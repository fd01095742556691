-- ===== src/Utils/Tests.antt =====
-- An account name, a password and a buffer.
use play_frame.Common.{◌+◌, ◌==◌, if◌then◌else◌, arith, ℕ, ◌≡◌}
use play_frame.Common.Int.{ℤ, pos}
use play_frame.Common.Run.{Returns, ok}
use play_frame.Utils.Hash.{bytes_from, fnv_1a, fnv64a_hash-fnv_1a}
use play_frame.Common.Array.{Array}
use play_frame.Utils.{check_account, fnv64a_hash}
use play_frame.Utils.Checks.{AccountVerdict, check_account_correct}

-- "pppppp_" with its end: the seventh character is not accepted.
abbrev player : Array ℤ
player = record { size = 8; at = λ i. if i == 6 then pos 95 else if i == 7 then pos 0 else pos 112 }

check_account_correct_example : Returns (AccountVerdict player 7) (check_account player (pos 7))
check_account_correct_example = check_account_correct player 7 (omega arith)

abbrev foo : Array ℕ
foo = record { size = 4; at = λ i. 100 + i }

fnv64a_hash-fnv_1a_example : fnv64a_hash foo 3 ≡ ok (fnv_1a (bytes_from foo 3 0))
fnv64a_hash-fnv_1a_example = fnv64a_hash-fnv_1a foo 3 (omega arith)
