-- ===== src/Mailbox/Order.antt =====
-- What goes into the mailbox of include/mailbox.h comes out in its order, a `write` that succeeds
-- wakes whoever waits, and a `read` waits if it finds nothing.
use lock_free.Common.{ℕ, ◌≡◌, ◌==◌, if◌then◌else◌, length, Option, some, List, [], ◌∷◌, ◌++◌}
use lock_free.Command.{Command, Returns}
use lock_free.Mailbox.{
  Fifo, Place, outside, before_wait, waiting, before_pop, before_notify, Move, call_read, go_on,
  time_out, call_write, Event, Mailbox, step, add_event,
}
use lock_free.Mailbox.Events.{items_in, items_out, place_after}

module _ {V : Type 0} (fifo : Fifo V) where
  open fifo use {State, Holds}

  -- The items held before, with those written, are the items taken, with those held after.
  abbrev pub InOrder : List V → List (Event V) → Mailbox State → Type 0
  InOrder vs es mb = (ws : List V) × Holds mb.queue ws × (vs ++ items_in es ≡ items_out es ++ ws)

module _ {V : Type 0} (fifo : Fifo V) (unset : V) where
  open fifo use {State, push, pop, is_empty, Holds, Ready, push_law, pop_law, is_empty_law}

  -- A thread outside a call that is to write finds memory that may be asked for.
  abbrev pub MayWrite : Move V → Place → Mailbox State → Type 0
  MayWrite (call_write v) outside mb = Ready mb.queue
  MayWrite (call_write v) before_wait mb = Unit {0}
  MayWrite (call_write v) waiting mb = Unit {0}
  MayWrite (call_write v) before_pop mb = Unit {0}
  MayWrite (call_write v) before_notify mb = Unit {0}
  MayWrite call_read p mb = Unit {0}
  MayWrite go_on p mb = Unit {0}
  MayWrite time_out p mb = Unit {0}

  -- Steps of other threads than `u`.
  module _ (u : ℕ) where
    -- What a step leaves if `u` stood at `p`.
    abbrev Stepped : Place → List V → Option (Event V) → Mailbox State → Type 0
    Stepped p vs e mb =
        InOrder fifo vs (add_event e []) mb × (mb.place u ≡ place_after (add_event e []) p)

  -- Wherever the run lets a thread write, memory may be asked for.
  abbrev pub MayRun : List (ℕ × Move V) → Mailbox State → Type 0
  MayRun [] mb = Unit {0}
  MayRun ((t, move) ∷ moves) mb =
      MayWrite move (mb.place t) mb
      × ((e : Option (Event V)) (mb' : Mailbox State)
          → step fifo unset t move (mb.place t) mb ≡ some (e, mb')
          → MayRun moves mb')

  -- What a run leaves, where `u` stood at `p` and does not move: the items are in their order, `u`
  -- goes on if it waited and a write has notified, and else stands where it stood, and a `read` that
  -- `u` starts then waits if and only if nothing is held.
  abbrev pub Delivered : (u : ℕ) → Place → List V → List (Event V) → Mailbox State → Type 0
  Delivered u p vs es mb =
      (ws : List V) × Holds mb.queue ws
      × (vs ++ items_in es ≡ items_out es ++ ws)
      × (mb.place u ≡ place_after es p)
      × Returns (λ _ mb'. mb'.place u ≡ (if length ws == 0 then before_wait else before_pop))
          (step fifo unset u call_read outside mb)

========================================================================

Your reply should consist only of the lines from the one containing "InOrder fifo vs" through the last line of the records, each reproduced exactly.

        InOrder fifo vs (add_event e []) mb × (mb.place u ≡ place_after (add_event e []) p)

  -- Wherever the run lets a thread write, memory may be asked for.
  abbrev pub MayRun : List (ℕ × Move V) → Mailbox State → Type 0
  MayRun [] mb = Unit {0}
  MayRun ((t, move) ∷ moves) mb =
      MayWrite move (mb.place t) mb
      × ((e : Option (Event V)) (mb' : Mailbox State)
          → step fifo unset t move (mb.place t) mb ≡ some (e, mb')
          → MayRun moves mb')

  -- What a run leaves, where `u` stood at `p` and does not move: the items are in their order, `u`
  -- goes on if it waited and a write has notified, and else stands where it stood, and a `read` that
  -- `u` starts then waits if and only if nothing is held.
  abbrev pub Delivered : (u : ℕ) → Place → List V → List (Event V) → Mailbox State → Type 0
  Delivered u p vs es mb =
      (ws : List V) × Holds mb.queue ws
      × (vs ++ items_in es ≡ items_out es ++ ws)
      × (mb.place u ≡ place_after es p)
      × Returns (λ _ mb'. mb'.place u ≡ (if length ws == 0 then before_wait else before_pop))
          (step fifo unset u call_read outside mb)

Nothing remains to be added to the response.